In 1900, a monk named Wang Yuanlu in Dunhuang, China, discovered 40,000 ancient scrolls, manuscripts, paintings, and other artifacts hidden in “The Cave of a Thousand Buddhas”—a Silk Road outpost near the Gobi Desert. This cave library had been sealed around the beginning of the 11th century to protect it from being raided. The Diamond Sutra, a Sanskrit text translated into Chinese, was among these ancient documents. 1
This sealed, hidden cave was among 492 caves carved out of a long cliff wall in the present-day province of Gansu in Northwest China. This holy site, called the Mogao (or ‘Peerless’) Caves, was a major Buddhist centre from the 4th to 14th centuries. Thousands of documents were stolen from the cave and smuggled to England in 1907 by British-Hungarian archaeologist Marc Aurel Stein. The International Dunhuang Project is now digitizing those documents and 100,000 others found on the eastern Silk Road.2
In Sanskrit, the title is: Vajracchedika Prajnaparamita, which is translated as: “The Perfection of Wisdom which cuts like a thunderbolt.” Vajra means “thunderbolt” or “diamond,” and this “diamond wisdom” cuts through delusion to reveal the truth of Buddha Nature. Prajnaparamita means the “perfection of wisdom.”
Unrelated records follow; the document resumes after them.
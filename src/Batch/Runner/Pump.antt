-- ===== src/Batch/Runner/Pump.antt =====
-- The loop of pumpQueue of app/src/batchrunner.cpp, with a dispatcher that may answer within its call.
use mesh_commander.Prelude.{
  ◌⊎◌, ℕ, ◌+◌, ◌-◌, ◌≤◌, ◌<◌, ◌≡◌, refl, ap, ◌∙◌, inl, inr, true, false, List, ltb, length, get_or,
  Bool-cases, arith, zero, ◌*◌, ◌&&◌, if◌then◌else◌,
}
use native.Mathlib.Nat.{mul-le-mul_right}
use mesh_commander.Batch.Runner.{
  pump_queue, Bool, then_on, ℤ, suc, pump_from, turn, answered, some, Dispatcher, Option, finish,
  Reply, BatchRunner, no_job, is_pending, dispatch_job,
}
use mesh_commander.Batch.Runner.Counts.{count_before-le, before_suc, one, count_before}
use mesh_commander.Batch.Runner.Moves.{
  pending_jobs, IsCounted, Moves, Moves-trans, Moves-refl, dispatch-Moves,
}
use mesh_commander.Batch.Runner.Ends.{IsSettled, finish-Moves}
use mesh_commander.Batch.Runner.Replies.{Gives, Gives-same, Gives-map, answered-Moves}

-- `again` is the rest of the loop.
module _ (non_terminal : List ℕ) (dispatcher : Dispatcher) where
  -- What is asked of the rest of the loop, for runners with less to do than `n`.
  abbrev todo : ℕ → BatchRunner → ℕ
  todo i s = pending_jobs s * (length s.jobs + 1) + (length s.jobs - i)

  abbrev Pumps : (ℕ → BatchRunner → Option BatchRunner) → ℕ → Type 0
  Pumps again n =
      (i : ℕ) (s : BatchRunner)
      → IsCounted s
      → i ≤ length s.jobs
      → count_before is_pending i s.jobs ≡ 0
      → todo i s < n
      → Gives (again i s) (λ t. Moves s t × IsSettled t)

  at_end :
      (i : ℕ) (s : BatchRunner)
      → i ≤ length s.jobs
      → count_before is_pending i s.jobs ≡ 0
      → (ltb i (length s.jobs) && ltb s.inflight s.max_concurrency) ≡ false
      → (pending_jobs s ≡ 0) ⊎ (s.max_concurrency ≤ s.inflight)
  at_end i s l z out = elim (Bool-cases (ltb i (length s.jobs))) [
    | inl a ↦ inr (ground (arith, a, out))
    | inr a ↦
        let e : length s.jobs ≡ i = ground (arith, a) in
        inl (ap (λ (x : ℕ). count_before is_pending x s.jobs) e ∙ z)
  ]

  -- The part of the budget that one dispatch frees.
  spent : (p q w : ℕ) → p + 1 ≤ q → p * (w + 1) + (w + 1) ≤ q * (w + 1)
  spent p q w h = omega (arith, mul-le-mul_right (w + 1) h)

  next_turn :
      (again : ℕ → BatchRunner → Option BatchRunner) (n i : ℕ) (s u : BatchRunner)
      → Pumps again n
      → i < length s.jobs
      → count_before is_pending (suc i) s.jobs ≡ 0
      → todo i s < suc n
      → Moves s u
      → Gives (again (i + 1) u) (λ t. Moves u t × IsSettled t)
  next_turn again n i s u h l z b m =
      h (i + 1) u m.counted (omega (arith, m.same_length))
        (ap (λ (x : ℕ). count_before is_pending x u.jobs) same_index
          ∙ omega (arith, m.fewer (suc i), z))
        (rw (m.same_length)
          (omega (arith, mul-le-mul_right (length s.jobs + 1) (m.fewer (length s.jobs)), b, l)))
    where
      same_index : i + 1 ≡ suc i
      same_index = omega arith

  pub then_on-Gives :
      (o : Option BatchRunner) (next : BatchRunner → Option BatchRunner)
      → {P Q : BatchRunner → Type 0} → Gives o P
      → ((u : BatchRunner) → P u → Gives (next u) Q)
      → Gives (then_on non_terminal dispatcher o next) Q
  unfolding then_on
  then_on-Gives o next (t, e, p) h =
      Gives-same (ap (λ (x : Option BatchRunner). then_on non_terminal dispatcher x next) e) (h t p)

  -- The turn that hands job `i` to the dispatcher.
  send_turn :
      (again : ℕ → BatchRunner → Option BatchRunner) (n i : ℕ) (s : BatchRunner)
      → Pumps again n
      → IsCounted s
      → i < length s.jobs
      → s.inflight < s.max_concurrency
      → is_pending (get_or s.jobs i no_job).status ≡ true
      → count_before is_pending i s.jobs ≡ 0
      → todo i s < suc n
      → Gives
          (then_on non_terminal dispatcher
            (answered non_terminal dispatcher
              (again 0)
              (get_or s.jobs i no_job).row
              (dispatcher (dispatch_job i s).requests)
              (dispatch_job i s))
            (again (i + 1)))
          (λ t. Moves s t × IsSettled t)
  unfolding count_before
  send_turn again n i s h c l free waits z b =
      then_on-Gives (answered non_terminal dispatcher (again 0) row answer sent) (again (i + 1))
        (answered-Moves non_terminal dispatcher (again 0) row answer sent m.counted nested)
        (λ mid reached.
          Gives-map
            (next_turn again n i sent mid h (omega (arith, l, m.same_length)) z_next in_budget
              reached)
            (λ t v. (Moves-trans m (Moves-trans reached v.0), v.1)))
    where
      row : ℤ
      row = (get_or s.jobs i no_job).row

      answer : Option Reply
      answer = dispatcher (dispatch_job i s).requests

      sent : BatchRunner
      sent = dispatch_job i s

      m : Moves s sent
      m = (dispatch-Moves i s l free waits c).0

      less :
          (k : ℕ)
          → i < k
          → count_before is_pending k sent.jobs + 1 ≡ count_before is_pending k s.jobs
      less = (dispatch-Moves i s l free waits c).1

      z_next : count_before is_pending (suc i) sent.jobs ≡ 0
      z_next =
          omega
            (arith, less (suc i) (omega arith), before_suc is_pending i s.jobs l, ap one waits, z)

      freed :
          (k : ℕ)
          → k ≤ count_before is_pending (length s.jobs) sent.jobs
          → k * (length s.jobs + 1) + (length s.jobs + 1) ≤ todo i s
      freed k h = omega (
        arith,
        spent k (pending_jobs s) (length s.jobs) (omega (arith, h, less (length s.jobs) l)),
      )

      in_budget : todo i sent < suc n
      in_budget = rw (m.same_length) (
          omega (arith, b, freed (count_before is_pending (length s.jobs) sent.jobs) (omega arith)))

      nested : (u : BatchRunner) → Moves sent u → Gives (again 0 u) (Moves u)
      nested u v =
          let same : length u.jobs ≡ length s.jobs = v.same_length ∙ m.same_length in
          let (t, e, w) = h 0 u v.counted (omega arith) refl (
            rw same (
              omega (
                arith,
                b,
                freed (count_before is_pending (length s.jobs) u.jobs) (v.fewer (length s.jobs)),
              ))) in
          (t, e, w.0)

  turn_at :
      (again : ℕ → BatchRunner → Option BatchRunner) (i : ℕ) (s : BatchRunner) (inside waits : Bool)
      → (ltb i (length s.jobs) && ltb s.inflight s.max_concurrency) ≡ inside
      → is_pending (get_or s.jobs i no_job).status ≡ waits
      → turn non_terminal dispatcher again i s ≡ (
          if inside
          then if waits
            then then_on non_terminal dispatcher
                (answered non_terminal dispatcher
                  (again 0)
                  (get_or s.jobs i no_job).row
                  (dispatcher (dispatch_job i s).requests)
                  (dispatch_job i s))
                (again (i + 1))
            else again (i + 1) s
          else some (finish s))
  unfolding turn
  turn_at again i s inside waits a b = rw (a, b) refl

  turn-Pumps :
      (again : ℕ → BatchRunner → Option BatchRunner) (n : ℕ)
      → Pumps again n
      → Pumps (turn non_terminal dispatcher again) (suc n)
  turn-Pumps again n h i s c l z b =
      elim (Bool-cases (ltb i (length s.jobs) && ltb s.inflight s.max_concurrency)) [
        | inr out ↦
            Gives-same (turn_at again i s false _ out refl)
              (finish s, refl, finish-Moves s c (at_end i s l z out))
        | inl inside ↦
            let here : i < length s.jobs = ground (arith, inside) in
            let free : s.inflight < s.max_concurrency = ground (arith, inside) in
            elim (Bool-cases (is_pending (get_or s.jobs i no_job).status)) [
              | inr other ↦
                  let z' : count_before is_pending (suc i) s.jobs ≡ 0 =
                    omega (arith, before_suc is_pending i s.jobs here, ap one other) in
                  Gives-same (turn_at again i s true false inside other)
                    (next_turn again n i s s h here z' b (Moves-refl c))
              | inl waits ↦
                  Gives-same (turn_at again i s true true inside waits)
                    (send_turn again n i s h c here free waits z b)
            ]
      ]

  pump_from-Pumps : (fuel : ℕ) → Pumps (pump_from non_terminal dispatcher fuel) fuel
  unfolding pump_from
  pump_from-Pumps zero i s c l z b = absurd (omega arith)
  pump_from-Pumps (suc fuel) i s c l z b =
      turn-Pumps (pump_from non_terminal dispatcher fuel) fuel (pump_from-Pumps fuel) i s c l z b

  -- When the number in flight is the number of running jobs, pumpQueue comes to its end within
  -- its fuel even if the dispatcher answers within its call, and leaves no job waiting while a
  -- slot is free; it keeps the job list's length and the limit, makes no job pending, keeps the
  -- number in flight below any bound that it and the limit were below, and signals the end of
  -- the batch exactly when it stops running.
  pub pump_queue-Moves :
      (s : BatchRunner)
      → IsCounted s
      → Gives (pump_queue non_terminal dispatcher s) (λ t. Moves s t × IsSettled t)
  unfolding pump_queue count_before
  pump_queue-Moves s c =
      pump_from-Pumps ((length s.jobs + 1) * (length s.jobs + 1)) 0 s c (omega arith) refl (
        omega (
          arith,
          mul-le-mul_right (length s.jobs + 1) (count_before-le is_pending (length s.jobs) s.jobs),
        ))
The Diamond Sutra is part of the Prajnaparamita literature, which “are a body of self-consciously related works dealing with the subject of the new prajna, or “wisdom,” taught by the Mahayana. Instrumental in the origins of the Mahayana itself, some texts from this category are among the earliest Mahayana sutras, probably originating in the 1st century BCE [Before the Common Era].”3
According to the Buddhist scholar and former Korean Zen monk Mu Soeng, the title can also be understood as: “ ‘sharp like a diamond, which cuts away all unnecessary conceptualization and brings one to the further shore of awakening.’ . . In the days before machines, jewelers used diamonds to cut glass and other jewels. It is in this sense of prajna wisdom cutting through all delusions that the term diamond cutter is employed in the title of the sutra.”4
“A relatively short text, the Diamond Sutra consists of thirty-two short chapters presenting a dialogue between the Buddha and his disciple Subhuti, centered primarily on the twin themes of emptiness and the path of the bodhisattva. It enumerates the six perfections of the bodhisattva path but focuses on the perfection of wisdom.” 5
“The first noteworthy association we have of the Diamond Sutra with the Zen tradition is through the life of Hui-neng, the sixth [ancestor], considered the real founder of the distinctly Chinese Zen tradition. Whether legend or fact, the story of Hui-neng says that as a young boy he lived in extreme poverty and gathered wood to sell in the market to support himself and his mother. One day, in the marketplace, he heard a monk chant a phrase from the Diamond Sutra that said, ‘Let your mind function freely, without abiding anywhere or in anything.’ Upon hearing this phrase, the young boy was suddenly enlightened!”6
“A distinctive feature of Prajnaparamita-inspired wisdom is the awareness that language is inadequate to express the insights of an awakened consciousness that has managed a total extinction of the ego-self either through cognition (as in the case of Hui-neng) or through sustained meditational effort (as in the case of yogis.) The Diamond Sutra’s use of language to destroy linguistic categories is intended to produce liberated cognition and finds parallel in modern deconstructionism.”7
“The Zen tradition has tried to comprehend this wisdom [of non-duality via non-conceptualization] through the now formalized teaching of not-knowing. Not-knowing is the intuitive wisdom where one understands information to be just that—mere information—and tries to penetrate to the heart of the mystery that language and information are trying to convey. . . . In our ignorance, we treat these units of information as self-evident truths and fail to investigate our own experience directly. The not-knowing approach is not a philosophical or intellectual entertainment: it is a doorway to liberation.”8
The last verse of the Diamond Sutra is often quoted and memorized as a pithy and poetic reminder of the teachings of emptiness and impermanence:
So you should view this fleeting world—
A star at dawn, a bubble in a stream,
A flash of lightning in a summer cloud,
A flickering lamp, a phantom, and a dream.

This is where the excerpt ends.